## TASK PROMPT
I'd like an exact copy of every line from the start of the entries below through the line containing "-- replaced by", please.

## DATA
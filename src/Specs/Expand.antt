-- ===== src/Specs/Expand.antt =====
-- cli/internal/specs/v0/spec_reader.go: `${file:…}`, `${time:…}` and `${…}` in a configuration are
-- replaced by `ReplaceAllFunc` over the matches of a regular expression.

use cloudquery_fork4devin.Base.{
  ℕ, zero, suc, ◌+◌, Bool, true, false, ◌||◌, String, Char, code, List, [], ◌∷◌, Option, none, some,
  Result, ok, err, append, size, strip_prefix, split, num_eq, if◌then◌else◌, ◌==◌,
}

-- The text before the first `}`.
abbrev pub until_brace : String → Option String
until_brace String.[] = none
until_brace (String.◌∷◌ c s) =
    let rest = until_brace s in
    if num_eq (code c) b'}'
    then some ""
    else elim rest [ none ↦ none | some t ↦ some (String.◌∷◌ c t) ]

abbrev pub not_empty : String → Option String
not_empty s = if s == "" then none else some s

-- The submatch of the regular expression `<opening>([^}]+)\}`, where it matches at the front.
unfoldable pub content_at : String → String → Option String
content_at opening s = elim (strip_prefix s opening) [
  | none ↦ none
  | some rest ↦ elim (until_brace rest) [ none ↦ none | some content ↦ not_empty content ]
]

module _ {E : Type 0} where
  abbrev pub put_char : Char → String × Option E → String × Option E
  put_char c (t, e) = (String.◌∷◌ c t, e)

  -- A callback that fails gives no text and sets the error, over one that was set before.
  abbrev pub put_value : Result E String → String × Option E → String × Option E
  put_value (ok v) (t, e) = (append v t, e)
  put_value (err x) (t, none) = (t, some x)
  put_value (err x) (t, some y) = (t, some y)

  -- `ReplaceAllFunc`: the leftmost matches, which do not overlap. The number counts the characters
  -- of a match that are still to be passed over.
  unfoldable pub expand_from : String → (String → Result E String) → ℕ → String → String × Option E
  expand_from opening value skip String.[] = ("", none)
  expand_from opening value (suc skip) (String.◌∷◌ c s) = expand_from opening value skip s
  expand_from opening value zero (String.◌∷◌ c s) = elim (content_at opening (String.◌∷◌ c s)) [
    | none ↦ put_char c (expand_from opening value zero s)
    | some content ↦
        put_value (value content) (expand_from opening value (size opening + size content) s)
  ]

pub data ExpandError : Type 0 where
  unreadable_file unset_variable bad_time : String → ExpandError

-- `expandEnv`. `lookup_env` is `os.LookupEnv`.
unfoldable pub expand_env : (String → Option String) → String → String × Option ExpandError
expand_env lookup_env =
    expand_from "${"
      (λ name. elim (lookup_env name) [
        | none ↦ err (unset_variable name)
        | some content ↦ ok content
      ])
      0

-- What the standard library tells of a file's content: `json.Valid`, `pem.Decode`, and the text of
-- `strconv.Quote` between its quotes.
pub record Formats : Type 0 where
  pub json_valid : String → Bool
  pub pem_decodes : String → Bool
  pub quote : String → String

-- `bytes.ContainsAny(content, "\n\r")`
abbrev pub has_line_break : String → Bool
has_line_break String.[] = false
has_line_break (String.◌∷◌ c s) = num_eq (code c) 10 || num_eq (code c) 13 || has_line_break s

unfoldable pub should_escape_file_content : Formats → String → Bool
should_escape_file_content f content =
    if has_line_break content
    then (if f.json_valid content then true else f.pem_decodes content)
    else false

-- `expandFileConfig`. `read_file` is `os.ReadFile`.
unfoldable pub expand_file_config :
    Formats → (String → Option String) → String → String × Option ExpandError
unfolding should_escape_file_content
expand_file_config f read_file =
    expand_from "${file:"
      (λ name. elim (read_file name) [
        | none ↦ err (unreadable_file name)
        | some content ↦
            ok (if should_escape_file_content f content then f.quote content else content)
      ])
      0

abbrev time_format : List String → String
time_format (relative ∷ format ∷ rest) = format
time_format _ = "2006-01-02T15:04:05Z07:00"

abbrev first_part : List String → String
first_part [] = ""
first_part (relative ∷ rest) = relative

-- `expandTime`. `format_time` parses a relative time and formats it: `none` where it does not parse.
unfoldable pub expand_time :
    (String → String → Option String) → String → String × Option ExpandError
expand_time format_time =
    expand_from "${time:"
      (λ text.
        let parts = split b'|' text in
        elim (format_time (first_part parts) (time_format parts)) [
          | none ↦ err (bad_time (first_part parts))
          | some time ↦ ok time
        ])
      0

## COMPLETED EXERCISE
filename src/Specs/Expand.antt
-- ===== src/Specs/Expand.antt =====
-- cli/internal/specs/v0/spec_reader.go: `${file:…}`, `${time:…}` and `${…}` in a configuration are
-- replaced by `ReplaceAllFunc` over the matches of a regular expression.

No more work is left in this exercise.